Custom blocks get stuck when reading large amounts of data from HDFS


#1

I used the SDK to create a custom block that uses Spark’s newAPIHadoopFile, transforms it to a DataFrame and wraps it in Seahorse’s DataFrame.

The relevant portion looks like:

val sparkDF =
    sc
      .newAPIHadoopFile(inPath,
                        classOf[MyCustomFileInputFormat],
                        classOf[LongWritable],
                        classOf[ChannelValueWritable],
                        conf)
      .map {
             case (k, v) => (k.get(), v.channelName, v.channelUnit, v.value)
           }
      .toDF("time", "channelName", "unitLabel", "value")
context.dataFrameBuilder.buildDataFrame(sparkDF.schema, sparkDF.rdd)
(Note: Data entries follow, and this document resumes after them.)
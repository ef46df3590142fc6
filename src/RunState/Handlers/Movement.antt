-- ===== src/RunState/Handlers/Movement.antt =====
-- internal/runstate/apply.go: the movement events of `Apply`.
use partitur.Prelude.{
  String, Bool, true, false, ◌&&◌, ◌||◌, not, none, some, str_eq, is_some, bool_ne, equal,
}
use partitur.Dict.{lookup, insert}
use partitur.Json.{Fields, must_string, must_strings, must_bool, string_field}
use partitur.RunState.Types.{RunLifecycle, MovementState, AttemptState, MovementResult}
use partitur.RunState.Event.{Event}
use partitur.RunState.Action.{
  pure, Action, raise, gets, ◌>>=◌, ◌>>◌, modify, raise_if, raise_unless, when, transition, invalid,
}
use partitur.RunState.Waiting.{
  is_running, is_waiting, movement_running, holds, flag, artifact_ids_for_attempt,
  all_other_movements_finished, repo_writes_settled,
}
use partitur.RunState.Guards.{
  require_movement, require_attempt, is_verifying, is_completed, put_movement, move_attempt,
  require_own_attempt,
}
use partitur.RunState.Handlers.Run.{finish_run}

abbrev pub is_pending : MovementState → Bool
is_pending MovementState.pending = true
is_pending _ = false

abbrev pub is_ready : MovementState → Bool
is_ready MovementState.ready = true
is_ready _ = false

abbrev is_running_or_waiting : MovementState → Bool
is_running_or_waiting MovementState.running = true
is_running_or_waiting MovementState.waiting_human = true
is_running_or_waiting _ = false

-- `case EventMovementReady`
unfoldable pub on_movement_ready : Event → Fields → Action (Unit {0})
on_movement_ready e p = do
  require_movement is_pending e
  modify (put_movement e.movement_id MovementState.ready)

-- `case EventMovementStarted`
unfoldable pub on_movement_started : Event → Fields → Action (Unit {0})
on_movement_started e p = do
  require_movement is_ready e
  modify (put_movement e.movement_id MovementState.running)

-- The run of the last movement whose gate was rejected fails with it.
abbrev fail_run : Event → Action (Unit {0})
fail_run e = do
  run ← gets (λ s. s.run)
  raise_unless (is_running run || is_waiting run) (transition e "run is not nonterminal")
  modify (finish_run RunLifecycle.failed)

-- The branch of `case EventMovementFailed` for a rejected human gate.
unfoldable pub reject_gate : Event → Fields → Action (Unit {0})
reject_gate e p = do
  attempt ← require_attempt is_verifying e
  require_own_attempt e attempt
  finishes ← gets (λ s. all_other_movements_finished e.movement_id s.movements)
  raise_if (bool_ne (must_bool p "run_failed") finishes)
      (invalid e "run_failed does not match final movement")
  when finishes (fail_run e)
  move_attempt e attempt AttemptState.failed

abbrev fail_attempt : Event → Fields → Bool → Action (Unit {0})
fail_attempt e p true = reject_gate e p
fail_attempt e p false =
    raise_if (must_bool p "run_failed")
      (invalid e "run_failed is only valid for final human_gate_rejected")

-- `case EventMovementFailed`
unfoldable pub on_movement_failed : Event → Fields → Action (Unit {0})
on_movement_failed e p = do
  require_movement is_running_or_waiting e
  fail_attempt e p (str_eq (must_string p "reason") "human_gate_rejected")
  modify (put_movement e.movement_id MovementState.failed)

abbrev approved_change_set : Fields → String
approved_change_set p = elim (string_field p "approved_change_set_id") [ none ↦ "" | some id ↦ id ]

abbrev result_of : Event → Fields → MovementResult
result_of e p = record {
  attempt_id = e.attempt_id;
  approved_artifact_instance_ids = must_strings p "approved_artifact_instance_ids";
  approved_change_set_id = approved_change_set p;
}

-- The checks of `case EventMovementSucceeded`, with whether the movement is a final one.
unfoldable pub require_succeeded : Event → Fields → Action Bool
require_succeeded e p = do
  run ← gets (λ s. s.run)
  raise_unless (is_running run) (transition e "run is not RUNNING")
  require_movement movement_running e
  attempt ← require_attempt is_completed e
  require_own_attempt e attempt
  artifacts ← gets (λ s. artifact_ids_for_attempt s e.attempt_id)
  raise_unless (equal (must_strings p "approved_artifact_instance_ids") artifacts)
      (invalid e "approved artifacts do not match the completed attempt")
  repo_write ← gets (λ s. flag e.movement_id s.repo_write_movements)
  raise_if (bool_ne repo_write (is_some (string_field p "approved_change_set_id")))
      (invalid e "approved_change_set_id presence does not match repo_write")
  finishes ← gets (λ s. flag e.movement_id s.final_movements)
  raise_if (bool_ne (must_bool p "run_succeeded") finishes)
      (invalid e "run_succeeded does not match final movement")
  recorded ← gets (λ s. is_some s.application_candidate)
  raise_if (finishes && not recorded) (transition e "application candidate is not recorded")
  pure finishes

-- `case EventMovementSucceeded`
unfoldable pub on_movement_succeeded : Event → Fields → Action (Unit {0})
on_movement_succeeded e p = do
  finishes ← require_succeeded e p
  modify (put_movement e.movement_id MovementState.succeeded)
  modify
      (λ s. record s { movement_results = insert e.movement_id (result_of e p) s.movement_results })
  when finishes (modify (finish_run RunLifecycle.succeeded))

-- `requireCompositionSource`
unfoldable pub require_composition_source : Event → Fields → Action (Unit {0})
require_composition_source e p = elim (str_eq (must_string p "scope") "movement") [
  | true ↦ do
    raise_if (str_eq e.movement_id "" || not (str_eq (must_string p "target_id") e.movement_id))
        (invalid e "movement composition target does not match envelope movement")
    found ← gets (λ s. lookup e.movement_id s.movements)
    raise_unless (holds movement_running found)
        (transition e "movement is not RUNNING for composition")
  | false ↦ elim (str_eq (must_string p "scope") "candidate") [
    | true ↦ do
      raise_unless (str_eq (must_string p "target_id") e.run_id)
          (invalid e "candidate composition target does not match run")
      run ← gets (λ s. s.run)
      recorded ← gets (λ s. is_some s.application_candidate)
      raise_if (not (is_running run) || recorded)
          (transition e "candidate composition is not legal")
      settled ← gets (λ s. repo_writes_settled s.repo_write_movements s.movements)
      raise_unless settled (transition e "repo_write movement has not succeeded")
    | false ↦ raise (invalid e "invalid composition scope")
  ]
]
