-- ===== src/RunState/Handlers/Prepare.antt =====
-- internal/runstate/apply.go: the prepared approval of an amendment, from `approval_prepared` to
-- `approved` or `approval_abandoned`.
use partitur.Prelude.{
  ℕ, String, Bool, true, false, ◌&&◌, ◌||◌, not, Option, none, some, List, [], ◌∷◌, str_eq, ltb,
  ◌==◌, is_some, equal, add_uint64, if◌then◌else◌,
}
use partitur.Dict.{lookup, insert, remove, has}
use partitur.Json.{
  Fields, get, must_string, must_strings, must_array, must_bool, must_uint, optional_uint,
  optional_string,
}
use partitur.RunState.Types.{
  MovementState, Attempt, AttemptState, ScoreHead, Authority, PendingPrepare, RoutedAmendment,
  terminal, ended,
}
use partitur.RunState.Event.{Event}
use partitur.RunState.State.{State}
use partitur.RunState.Action.{
  Action, pure, gets, some_or, ◌>>=◌, ◌>>◌, modify, raise_if, raise_unless, transition, invalid,
}
use partitur.RunState.Waiting.{
  is_not_started, close_all_pending_decisions, cancellable_attempt_ids, pending_decision_ids,
  pending_decision_ids_except,
}
use partitur.RunState.Guards.{put_attempt}
use partitur.RunState.Handlers.Head.{head_movements, reconciled_head}

abbrev new_head_of : Fields → ScoreHead
new_head_of p = record {
  revision = must_uint p "new_revision";
  semantic_hash = must_string p "new_snapshot_hash";
  file_hash = must_string p "new_snapshot_file_hash";
}

unfoldable pub prepare_of : Event → Fields → ScoreHead → PendingPrepare
prepare_of e p base = record {
  id = must_string p "prepare_id";
  proposal_id = must_string p "proposal_id";
  mode = must_string p "mode";
  decision_id = optional_string p "decision_id";
  envelope_class = must_string p "envelope_class";
  base_head = base;
  new_head = new_head_of p;
  plan_record_hash = must_string p "plan_record_hash";
  observed_authority_epoch = must_uint p "observed_authority_epoch";
  quiesce_silence_limit_ms = must_uint p "quiesce_silence_limit_ms";
  prepared_at = e.timestamp;
  latest_quiesce_round = 0;
  latest_quiesce_observed_at = "";
  target_attempt_ids = must_strings p "target_attempt_ids";
  classifier_version = must_uint p "classifier_version";
  identity_versions = get p "identity_versions";
}

-- The checks of `case EventAmendmentApprovalPrepared`.
unfoldable pub require_preparable : Event → Fields → Action (Unit {0})
require_preparable e p = do
  prepared ← gets (λ s. is_some s.pending_prepare)
  raise_if prepared (transition e "prepare already pending")
  run ← gets (λ s. s.run)
  raise_if (is_not_started run || terminal run) (transition e "run is not nonterminal")
  head ← gets (λ s. s.score_head)
  raise_unless
      (head.revision == must_uint p "base_revision"
        && str_eq head.semantic_hash (must_string p "base_hash"))
      (transition e "prepare base does not match score head")
  raise_unless (must_uint p "new_revision" == add_uint64 (must_uint p "base_revision") 1)
      (invalid e "new_revision must immediately follow base_revision")
  epoch ← gets (λ s. s.authority.epoch)
  raise_unless (must_uint p "observed_authority_epoch" == epoch)
      (invalid e "observed_authority_epoch does not match current authority")
  attempts ← gets cancellable_attempt_ids
  raise_unless (equal (must_strings p "target_attempt_ids") attempts)
      (invalid e "target_attempt_ids do not match the pre-event projection")

-- `case EventAmendmentApprovalPrepared`
unfoldable pub on_amendment_approval_prepared : Event → Fields → Action (Unit {0})
unfolding prepare_of
on_amendment_approval_prepared e p = do
  require_preparable e p
  modify (λ s. record s { pending_prepare = some (prepare_of e p s.score_head) })

abbrev prepare_with : (PendingPrepare → Bool) → Option PendingPrepare → Option PendingPrepare
prepare_with test none = none
prepare_with test (some x) = elim (test x) [ true ↦ some x | false ↦ none ]

abbrev pending_with : (PendingPrepare → Bool) → Event → Action PendingPrepare
pending_with test e = do
  found ← gets (λ s. s.pending_prepare)
  some_or (prepare_with test found) (transition e "matching prepare is not pending")

abbrev advance_round : Event → ℕ → PendingPrepare → Action (Unit {0})
advance_round e round x = do
  raise_if (ltb round x.latest_quiesce_round) (transition e "quiesce sweep_round is stale")
  raise_unless (round == add_uint64 x.latest_quiesce_round 1)
      (invalid e "quiesce sweep_round must advance by exactly one")
  modify (λ s. record s {
    pending_prepare =
        some (record x { latest_quiesce_round = round; latest_quiesce_observed_at = e.timestamp });
  })

-- `case EventAmendmentQuiesceObserved`: a repeated round changes nothing.
unfoldable pub on_amendment_quiesce_observed : Event → Fields → Action (Unit {0})
on_amendment_quiesce_observed e p = do
  x ← pending_with (λ x. str_eq x.id (must_string p "prepare_id")) e
  let round = must_uint p "sweep_round"
  raise_if (round == 0) (invalid e "quiesce sweep_round must start at one")
  elim (round == x.latest_quiesce_round) [ true ↦ pure tt | false ↦ advance_round e round x ]

abbrev base_matches : Fields → PendingPrepare → Bool
base_matches p x =
    x.base_head.revision == must_uint p "base_revision"
    && str_eq x.base_head.semantic_hash (must_string p "base_hash")

-- `case EventAmendmentApprovalAbandoned`
unfoldable pub on_amendment_approval_abandoned : Event → Fields → Action (Unit {0})
on_amendment_approval_abandoned e p = do
  x ←
      pending_with
        (λ x.
          str_eq x.id (must_string p "prepare_id")
          && str_eq x.proposal_id (must_string p "proposal_id"))
        e
  raise_unless (base_matches p x) (invalid e "abandoned base does not match pending prepare")
  modify (λ s. record s { pending_prepare = none })

abbrev same_some : Option String → Option String → Bool
same_some (some a) (some b) = str_eq a b
same_some _ _ = false

-- The `switch` on the prepared mode.
unfoldable pub policy_matches : Fields → PendingPrepare → Bool
policy_matches p x =
    if str_eq x.mode "auto"
    then str_eq (must_string p "envelope_class") x.envelope_class
    else if str_eq x.mode "human"
    then same_some (optional_string p "decision_id") x.decision_id
    else true

abbrev head_eq : ScoreHead → ScoreHead → Bool
head_eq a b =
    a.revision == b.revision
    && str_eq a.semantic_hash b.semantic_hash
    && str_eq a.file_hash b.file_hash

abbrev is_finalization : Option RoutedAmendment → Bool
is_finalization none = false
is_finalization (some r) = str_eq r.decision_type "finalization"

abbrev obsoleted_with : PendingPrepare → Option String → State → List String
obsoleted_with x none s = pending_decision_ids s
obsoleted_with x (some id) s =
    if str_eq x.mode "human" then pending_decision_ids_except s id else pending_decision_ids s

-- The decisions that an approval closes: in human mode, all but its own.
unfoldable pub obsoleted_by : PendingPrepare → State → List String
obsoleted_by x s = obsoleted_with x x.decision_id s

abbrev live_attempt : Option Attempt → Option Attempt
live_attempt none = none
live_attempt (some a) = elim (ended a.state) [ true ↦ none | false ↦ some a ]

-- The loop that supersedes the live attempts.
unfoldable pub supersede : Event → List String → Action (Unit {0})
supersede e [] = pure tt
supersede e (id ∷ ids) = do
  found ← gets (λ s. lookup id s.attempts)
  a ← some_or (live_attempt found) (invalid e "superseded_attempt_ids contains a non-live attempt")
  modify (put_attempt id (record a { state = AttemptState.superseded }))
  supersede e ids

abbrev settle_interview : Bool → Event → State → State
settle_interview false e s = s
settle_interview true e s = record s {
  movements = insert e.movement_id MovementState.succeeded s.movements;
}

abbrev fenced_authority : Option ℕ → Authority → Authority
fenced_authority none a = a
fenced_authority (some epoch) a = record { epoch = epoch; owner = none }

abbrev fence_allowed : Option ℕ → ℕ → Bool
fence_allowed none observed = true
fence_allowed (some epoch) observed = epoch == add_uint64 observed 1

abbrev drop_routed : Fields → State → State
drop_routed p s =
    if str_eq (must_string p "mode") "human"
    then record s { routed_amendments = remove (must_string p "proposal_id") s.routed_amendments }
    else s

-- The comparisons of an approval with its prepare.
unfoldable pub require_prepared : Event → Fields → Action PendingPrepare
unfolding policy_matches
require_prepared e p = do
  x ← pending_with (λ x. str_eq x.proposal_id (must_string p "proposal_id")) e
  raise_unless (base_matches p x) (invalid e "approved base does not match pending prepare")
  raise_unless
      (str_eq (must_string p "mode") x.mode
        && must_uint p "classifier_version" == x.classifier_version)
      (invalid e "approved policy binding does not match pending prepare")
  raise_unless (policy_matches p x)
      (invalid e "approved policy binding does not match pending prepare")
  raise_unless (head_eq (new_head_of p) x.new_head)
      (invalid e "approved head does not match pending prepare")
  raise_unless (e.score_revision == must_uint p "new_revision")
      (invalid e "approval envelope revision does not match the new head")
  routed ← gets (λ s. lookup (must_string p "proposal_id") s.routed_amendments)
  raise_if
      (must_bool p "finalization"
        && (not (str_eq x.mode "human") || str_eq e.movement_id "" || not (is_finalization routed)))
      (invalid e "finalization approval does not match a routed finalization")
  obsoleted ← gets (obsoleted_by x)
  raise_unless (equal (must_strings p "obsoleted_decision_ids") obsoleted)
      (invalid e "obsoleted_decision_ids do not match the pre-event projection")
  pure x

-- The checks of the approved head, with the state that it gives.
unfoldable pub require_head : Event → Fields → PendingPrepare → Action State
require_head e p x = do
  head ← some_or (head_movements (must_array p "head_movements")) (invalid e "head_movements")
  s ← gets (λ s. s)
  new ← some_or (reconciled_head head s) (invalid e "head_movements removes succeeded movement")
  raise_if (must_bool p "finalization" && not (has e.movement_id new.movements))
      (invalid e "finalization interview movement is absent from approved head")
  raise_unless (equal (must_strings p "superseded_attempt_ids") (cancellable_attempt_ids s))
      (invalid e "superseded_attempt_ids do not match the pre-event projection")
  raise_unless (s.authority.epoch == x.observed_authority_epoch)
      (invalid e "authority epoch does not match pending prepare observation")
  raise_unless (fence_allowed (optional_uint p "fenced_epoch") x.observed_authority_epoch)
      (invalid e "fenced_epoch is not observed authority epoch plus one")
  pure new

-- The end of the approval: the fence, the prepare, the route and the decisions.
unfoldable pub close_approval : Fields → State → State
close_approval p s = close_all_pending_decisions (
    drop_routed p (record s {
      authority = fenced_authority (optional_uint p "fenced_epoch") s.authority;
      pending_prepare = none;
    }))

-- The state with the approved head, before its attempts are superseded.
unfoldable pub take_head : Event → Fields → State → State
take_head e p new = record (settle_interview (must_bool p "finalization") e new) {
  score_head = new_head_of p;
  resolved_decisions = [];
}

-- The writes of `case EventAmendmentApproved`, from the state with the approved movements.
unfoldable pub commit_approval : Event → Fields → State → Action (Unit {0})
commit_approval e p new = do
  modify (λ _. take_head e p new)
  supersede e (must_strings p "superseded_attempt_ids")
  modify (close_approval p)

-- `case EventAmendmentApproved`
unfoldable pub on_amendment_approved : Event → Fields → Action (Unit {0})
on_amendment_approved e p = do
  x ← require_prepared e p
  new ← require_head e p x
  commit_approval e p new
When running this on small sets of data, this works fine. However when running this on a large amount (several gigabytes) Somewhere in the pipeline the blocks get stuck. When using this block as the single one and running it, it gets stuck after all jobs ran on Spark, when adding another block at its output, the first block runs and it gets stuck after the second one.

The spinning cogwheel doesn’t go away and I have to either restart Seahorse or kill the Yarn application - trying to abort from Seahorse doesn’t work either.

I double-checked that the problem is not with my input format - I used it on the same folder on HDFS with Zeppelin and there it works.

I also tried using a smaller amount of data, when doing so it works, too.

Is this a bug or am I using the SDK incorrectly?

Followup

I ran the same algorithm locally, and it got stuck, too.